##### Entries provided

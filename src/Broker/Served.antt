-- ===== src/Broker/Served.antt =====
-- Who is served a secret.
use relops_bootstrap.Prelude.{
  ◌≡◌, ◌≢◌, refl, Bool, true, false, not, Option, none, some, some-injective, subst, if_not-some,
  List, Text, codes, text_eq, text_eq→eq, is_empty, lower, if◌then◌else◌, arith,
}
use relops_bootstrap.Broker.Limiter.{Float, Buckets, consume}
use relops_bootstrap.Broker.Identity.{
  Headers, Cert, VerifiedIdentity, decode_leaf, extract_spiffe, of_sans, spiffe_prefix, serial_of,
  to_identity, identify, verify_mtls_headers,
}
use relops_bootstrap.Broker.Identities.{Names, Among, first_identity-Among}
use relops_bootstrap.Broker.Serve.{
  Vault, Reply, too_many, forbidden, served, secret_id, of_secret, authorized, limited,
  serve_identity, get_secret,
}

-- What stands behind a secret that was served.
pub record IsEntitled (v : Vault) (now : Float) (role : Text) (h : Headers) (buckets : Buckets)
    (content : Text) : Type 0 where
  pub present : lower h.cert_present ≡ codes "true"
  pub chain : lower h.chain_verified ≡ codes "true"
  pub cert : Cert
  pub decoded : decode_leaf v.parsers h.cert_leaf ≡ some cert
  pub uris : List Text
  pub has_uris : cert.uri_sans ≡ some uris
  pub uri : Text
  pub among : Among uri uris
  pub hostname : Text
  pub names : Names (spiffe_prefix v.trust_domain) (v.parsers.unquote uri) hostname role
  pub within_limit :
      (consume v.limits now (serial_of h.serial_number) (v.limits.floats.of_int 1) buckets).0 ≡ true
  pub read : v.read_secret (secret_id role) ≡ some content

of_secret-served :
    (o : Option Text) (content : Text) → of_secret o ≡ served content → o ≡ some content
unfolding of_secret
of_secret-served none content e = absurd (cc)
of_secret-served (some s) content e = cc

-- A conditional answer that is a secret.
if-served :
    (b : Bool) (r r' : Reply) (content : Text)
    → r' ≢ served content
    → (if b then r else r') ≡ served content
    → (b ≡ true) × (r ≡ served content)
if-served true r r' content other e = (refl, e)
if-served false r r' content other e = absurd (other e)

limited-served :
    (v : Vault) (now : Float) (role content : Text) (identity : VerifiedIdentity)
    (buckets : Buckets)
    → (limited v now role identity buckets).0 ≡ served content
    → ((consume v.limits now identity.cert_serial (v.limits.floats.of_int 1) buckets).0 ≡ true)
      × (identity.role ≡ role)
      × (v.read_secret (secret_id role) ≡ some content)
unfolding limited authorized
limited-served v now role content identity buckets e =
    let (allowed, e') =
      if-served (consume v.limits now identity.cert_serial (v.limits.floats.of_int 1) buckets).0 _
        too_many content (λ q. absurd (cc)) e in
    let (same, e'') = if-served (text_eq identity.role role) _ forbidden content (λ q. cc) e' in
    (allowed, text_eq→eq identity.role role same, of_secret-served _ content e'')

serve_identity-served :
    (v : Vault) (now : Float) (role content : Text) (o : Option VerifiedIdentity)
    (buckets : Buckets)
    → (serve_identity v now role o buckets).0 ≡ served content
    → (identity : VerifiedIdentity) × (o ≡ some identity)
      × ((limited v now role identity buckets).0 ≡ served content)
unfolding serve_identity
serve_identity-served v now role content none buckets e = absurd (cc)
serve_identity-served v now role content (some identity) buckets e = (identity, refl, e)

-- What stands behind an identity.
record IsVerified (v : Vault) (h : Headers) (identity : VerifiedIdentity) : Type 0 where
  cert : Cert
  decoded : decode_leaf v.parsers h.cert_leaf ≡ some cert
  uris : List Text
  has_uris : cert.uri_sans ≡ some uris
  uri : Text
  among : Among uri uris
  names :
      Names (spiffe_prefix v.trust_domain) (v.parsers.unquote uri) identity.hostname identity.role
  serial : identity.cert_serial ≡ serial_of h.serial_number

to_identity-some :
    (serial : Text) (o : Option (Text × Text)) (identity : VerifiedIdentity)
    → to_identity serial o ≡ some identity
    → (o ≡ some (identity.hostname, identity.role)) × (identity.cert_serial ≡ serial_of serial)
unfolding to_identity
to_identity-some serial none identity e = absurd (cc)
to_identity-some serial (some (hostname, role)) identity e =
    let same = some-injective e in rw (← same) (refl, refl)

of_sans-some :
    (unquote : Text → Text) (prefix : Text) (o : Option (List Text)) (q : Text × Text)
    → of_sans unquote prefix o ≡ some q
    → (uris : List Text) × (o ≡ some uris)
      × (uri : Text) × Among uri uris
      × Names prefix (unquote uri) q.0 q.1
unfolding of_sans
of_sans-some unquote prefix none q e = absurd (cc)
of_sans-some unquote prefix (some uris) q e =
    let (uri, among, names) = first_identity-Among unquote prefix uris q e in
    (uris, refl, uri, among, names)

identify-IsVerified :
    (v : Vault) (h : Headers) (o : Option Cert) (identity : VerifiedIdentity)
    → decode_leaf v.parsers h.cert_leaf ≡ o
    → identify v.parsers v.trust_domain h.serial_number o ≡ some identity
    → IsVerified v h identity
unfolding identify extract_spiffe
identify-IsVerified v h none identity d e = absurd (cc)
identify-IsVerified v h (some cert) identity d e =
    let (found, serial) = to_identity-some h.serial_number _ identity e in
    let (uris, has, uri, among, names) = of_sans-some _ _ cert.uri_sans _ found in
    record {
      cert = cert;
      decoded = d;
      uris = uris;
      has_uris = has;
      uri = uri;
      among = among;
      names = names;
      serial = serial;
    }

verify_mtls_headers-IsVerified :
    (v : Vault) (h : Headers) (identity : VerifiedIdentity)
    → verify_mtls_headers v.parsers v.trust_domain h ≡ some identity
    → (lower h.cert_present ≡ codes "true")
      × (lower h.chain_verified ≡ codes "true")
      × IsVerified v h identity
unfolding verify_mtls_headers
verify_mtls_headers-IsVerified v h identity e =
    let (present, e1) = if_not-some {b = not (text_eq (lower h.cert_present) (codes "true"))} e in
    let (chain, e2) = if_not-some {b = not (text_eq (lower h.chain_verified) (codes "true"))} e1 in
    let (leaf, e3) = if_not-some {b = is_empty h.cert_leaf} e2 in
    (
      text_eq→eq (lower h.cert_present) (codes "true") (ground (arith, present)),
      text_eq→eq (lower h.chain_verified) (codes "true") (ground (arith, chain)),
      identify-IsVerified v h _ identity refl e3,
    )

-- A secret is served only if the load balancer says that a certificate was presented and that its
-- chain is verified; the certificate is read, and one of its URIs, unquoted, is written from the
-- broker's trust domain, a host and the role that is asked for; the limiter lets the certificate's
-- serial pass; and what is served is what Secret Manager has for that role.
pub get_secret-IsEntitled :
    (v : Vault) (now : Float) (role : Text) (h : Headers) (buckets : Buckets) (content : Text)
    → (get_secret v now role h buckets).0 ≡ served content
    → IsEntitled v now role h buckets content
unfolding get_secret
get_secret-IsEntitled v now role h buckets content e =
    let (identity, verified, e') = serve_identity-served v now role content _ buckets e in
    let (present, chain, i) = verify_mtls_headers-IsVerified v h identity verified in
    let (allowed, same, read) = limited-served v now role content identity buckets e' in
    record {
      present = present;
      chain = chain;
      cert = i.cert;
      decoded = i.decoded;
      uris = i.uris;
      has_uris = i.has_uris;
      uri = i.uri;
      among = i.among;
      hostname = identity.hostname;
      names =
          subst (Names (spiffe_prefix v.trust_domain) (v.parsers.unquote i.uri) identity.hostname)
            same i.names;
      within_limit =
          subst (λ s. (consume v.limits now s (v.limits.floats.of_int 1) buckets).0 ≡ true) i.serial
            allowed;
      read = read;
    }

##########

Only the lines containing the word "unfolding" should be returned from the data above.

unfolding of_secret
unfolding limited authorized
unfolding serve_identity
unfolding to_identity
unfolding of_sans
unfolding identify extract_spiffe
unfolding verify_mtls_headers
unfolding get_secret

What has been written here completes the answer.